▶ [YOUR ASSIGNMENT]: Once the line containing "binary_tree_lookup tree p))" is found in the entries below, restate it and each following line word for word, stopping after the line containing "insert (strong_symbol 2)".

(RECORDED DATA)

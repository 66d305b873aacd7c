-- ===== src/Tests/Tables.antt =====
-- A small tree, a small table of symbols, and names.
use liblink.Base.{
  Distinct, ℕ, ◌+◌, ◌%◌, ◌^◌, ◌≡◌, ◌≢◌, ◌↔◌, refl, true, false, List, [], ◌∷◌, some, none, arith,
  ok, ◌==◌, if◌then◌else◌,
}
use liblink.Types.{ElfRelocationTable, ObjectCode, SymbolStore, object_needed}
use liblink.BinaryTree.{Tree, null, node, binary_tree_insert, binary_tree_lookup}
use liblink.BinaryTree.Order.{IsOrdered, insert-IsOrdered}
use liblink.BinaryTree.Lookup.{Has, lookup-insert, lookup-Has}
use liblink.Hash.{hash}
use liblink.Hash.Distinct.{hash_distinct}
use liblink.Linker.{
  GlobalSymbol, Linker, Inserted, insert_global_symbol, lookup_global_symbol, lookup_symbol_,
  no_header,
}
use liblink.Linker.Table.{insert_strong_symbol}
use liblink.Linker.Refine.{SymbolMap, Operation, insert, find, IsUnshared, inserted, run, spec_run}
use liblink.Linker.Refine.Runs.{run-spec_run}
use liblink.Plt.{number_of_stubs_for_section}
use liblink.Plt.Arm64.{arm64}
use liblink.Plt.Chain.Count.{wanted_rel, wanted_rela, number_of_stubs_for_section_lem}
use liblink.Tests.Data.{no_sym, text}

abbrev leaf : ℕ → Tree ℕ
leaf k = node k (k + 100) null null

abbrev tree : Tree ℕ
tree = node 5 105 (leaf 2) (leaf 9)

tree-IsOrdered : IsOrdered tree
tree-IsOrdered = ((omega arith, tt, tt), (omega arith, tt, tt), (tt, tt, tt, tt), (tt, tt, tt, tt))

lookup-insert_example :
    (t' : Tree ℕ) × (binary_tree_insert tree 7 107 ≡ ok t')
    × ((p : ℕ) → binary_tree_lookup t' p ≡ (if p == 7 then some 107 else binary_tree_lookup tree p))
lookup-insert_example = lookup-insert tree 7 107 (unfold binary_tree_lookup in refl)

lookup-Has_example : (binary_tree_lookup tree 9 ≡ some 109) ↔ Has 9 109 tree
lookup-Has_example = lookup-Has tree 9 109 tree-IsOrdered

insert-IsOrdered_example : IsOrdered (node 5 105 (leaf 2) (node 9 109 (leaf 7) null))
insert-IsOrdered_example =
    insert-IsOrdered tree (node 5 105 (leaf 2) (node 9 109 (leaf 7) null)) 7 107 tree-IsOrdered
      (unfold binary_tree_insert in refl)

-- "ab" and "ac".
hash_distinct_example : hash (97 ∷ 98 ∷ []) ≢ hash (97 ∷ 99 ∷ [])
hash_distinct_example = hash_distinct (97 ∷ []) [] 98 99 (omega arith) (omega arith) (omega arith)

-- The process defines "a" only, at 0x4000.
abbrev process : List ℕ → ℕ
process [] = 0
process (c ∷ cs) = if c == 97 then 0x4000 else 0

abbrev symbols : SymbolStore
symbols p = record {
  name = (97 + p) ∷ [];
  addr = 0x1000 + p;
  hash = 40 + p;
  got_addr = 0;
  elf_sym = no_sym;
}

abbrev strong_symbol : ℕ → GlobalSymbol
strong_symbol p = record { symbol = p; is_weak = false }

abbrev weak_symbol : ℕ → GlobalSymbol
weak_symbol p = record { symbol = p; is_weak = true }

abbrev linker : Linker
linker = record { gsyms = node 41 (strong_symbol 1) null null; objects = [] }

insert_strong_symbol_example :
    (r : Inserted) × (insert_global_symbol process linker (strong_symbol 2) symbols ≡ ok r)
    × (r.result ≡ true)
    × (r.symbols ≡ symbols)
    × ((name : List ℕ)
        → lookup_symbol_ process r.linker r.symbols name
          ≡ (if hash name == 42 then 0x1002 else lookup_symbol_ process linker symbols name))
insert_strong_symbol_example =
    insert_strong_symbol process linker (strong_symbol 2) symbols refl
      (unfold binary_tree_lookup in refl)

-- A strong and a weak insertion into an empty table, a search, and an insertion that is refused.
abbrev empty : Linker
empty = record { gsyms = null; objects = [] }

abbrev no_names : SymbolMap
no_names h = none

abbrev operations : List Operation
operations =
    insert (strong_symbol 2) ∷ find (98 ∷ []) ∷ insert (weak_symbol 0) ∷ insert (weak_symbol 3) ∷ []

empty-IsUnshared : (p : ℕ) → IsUnshared empty p
empty-IsUnshared p h s found = absurd (unfold binary_tree_lookup in cc)

Distinct-operations : Distinct (2 ∷ 0 ∷ 3 ∷ [])
Distinct-operations = ((ground arith, (ground arith, tt)), ((ground arith, tt), (tt, tt)))

run-spec_run_example :
    run process empty symbols operations ≡ spec_run process symbols no_names operations
unfolding inserted
run-spec_run_example =
    run-spec_run process operations empty symbols symbols no_names
      (λ h. unfold lookup_global_symbol binary_tree_lookup in refl)
      (empty-IsUnshared 2, (empty-IsUnshared 0, (empty-IsUnshared 3, tt))) Distinct-operations
      (refl, (refl, (refl, tt)))

-- An object with one table for section 1: a call and a word of data.
abbrev one_table : ElfRelocationTable
one_table = record {
  index = 2;
  target_section_index = 1;
  section_header = no_header;
  relocations = record { r_offset = 0; r_info = 283 } ∷ record { r_offset = 8; r_info = 257 } ∷ [];
}

abbrev object : ObjectCode
object = record {
  status = object_needed;
  file_name = [];
  file_size = 0;
  archive_member_name = none;
  symbols = [];
  n_symbols = 0;
  image = 0;
  image_mapped = true;
  misalignment = 0;
  info = record {
    section_headers = [];
    section_header_strtab = 0;
    symbol_tables = [];
    rel_table = one_table ∷ [];
    rela_table = [];
    got_start = 0;
    got_size = 0;
  };
  sections = text ∷ text ∷ [];
}

number_of_stubs_for_section_lem_example :
    number_of_stubs_for_section arm64 object 1
    ≡ (wanted_rel arm64 1 (one_table ∷ []) + wanted_rela arm64 1 []) % 2 ^ 32
number_of_stubs_for_section_lem_example = number_of_stubs_for_section_lem arm64 object 1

(End RECORDED DATA)

▶ [ANSWER BOX]:
    × ((p : ℕ) → binary_tree_lookup t' p ≡ (if p == 7 then some 107 else binary_tree_lookup tree p))
lookup-insert_example = lookup-insert tree 7 107 (unfold binary_tree_lookup in refl)

lookup-Has_example : (binary_tree_lookup tree 9 ≡ some 109) ↔ Has 9 109 tree
lookup-Has_example = lookup-Has tree 9 109 tree-IsOrdered

insert-IsOrdered_example : IsOrdered (node 5 105 (leaf 2) (node 9 109 (leaf 7) null))
insert-IsOrdered_example =
    insert-IsOrdered tree (node 5 105 (leaf 2) (node 9 109 (leaf 7) null)) 7 107 tree-IsOrdered
      (unfold binary_tree_insert in refl)

-- "ab" and "ac".
hash_distinct_example : hash (97 ∷ 98 ∷ []) ≢ hash (97 ∷ 99 ∷ [])
hash_distinct_example = hash_distinct (97 ∷ []) [] 98 99 (omega arith) (omega arith) (omega arith)

-- The process defines "a" only, at 0x4000.
abbrev process : List ℕ → ℕ
process [] = 0
process (c ∷ cs) = if c == 97 then 0x4000 else 0

abbrev symbols : SymbolStore
symbols p = record {
  name = (97 + p) ∷ [];
  addr = 0x1000 + p;
  hash = 40 + p;
  got_addr = 0;
  elf_sym = no_sym;
}

abbrev strong_symbol : ℕ → GlobalSymbol
strong_symbol p = record { symbol = p; is_weak = false }

abbrev weak_symbol : ℕ → GlobalSymbol
weak_symbol p = record { symbol = p; is_weak = true }

abbrev linker : Linker
linker = record { gsyms = node 41 (strong_symbol 1) null null; objects = [] }

insert_strong_symbol_example :
    (r : Inserted) × (insert_global_symbol process linker (strong_symbol 2) symbols ≡ ok r)
    × (r.result ≡ true)
    × (r.symbols ≡ symbols)
    × ((name : List ℕ)
        → lookup_symbol_ process r.linker r.symbols name
          ≡ (if hash name == 42 then 0x1002 else lookup_symbol_ process linker symbols name))
insert_strong_symbol_example =
    insert_strong_symbol process linker (strong_symbol 2) symbols refl
      (unfold binary_tree_lookup in refl)

-- A strong and a weak insertion into an empty table, a search, and an insertion that is refused.
abbrev empty : Linker
empty = record { gsyms = null; objects = [] }

abbrev no_names : SymbolMap
no_names h = none

abbrev operations : List Operation
operations =
    insert (strong_symbol 2) ∷ find (98 ∷ []) ∷ insert (weak_symbol 0) ∷ insert (weak_symbol 3) ∷ []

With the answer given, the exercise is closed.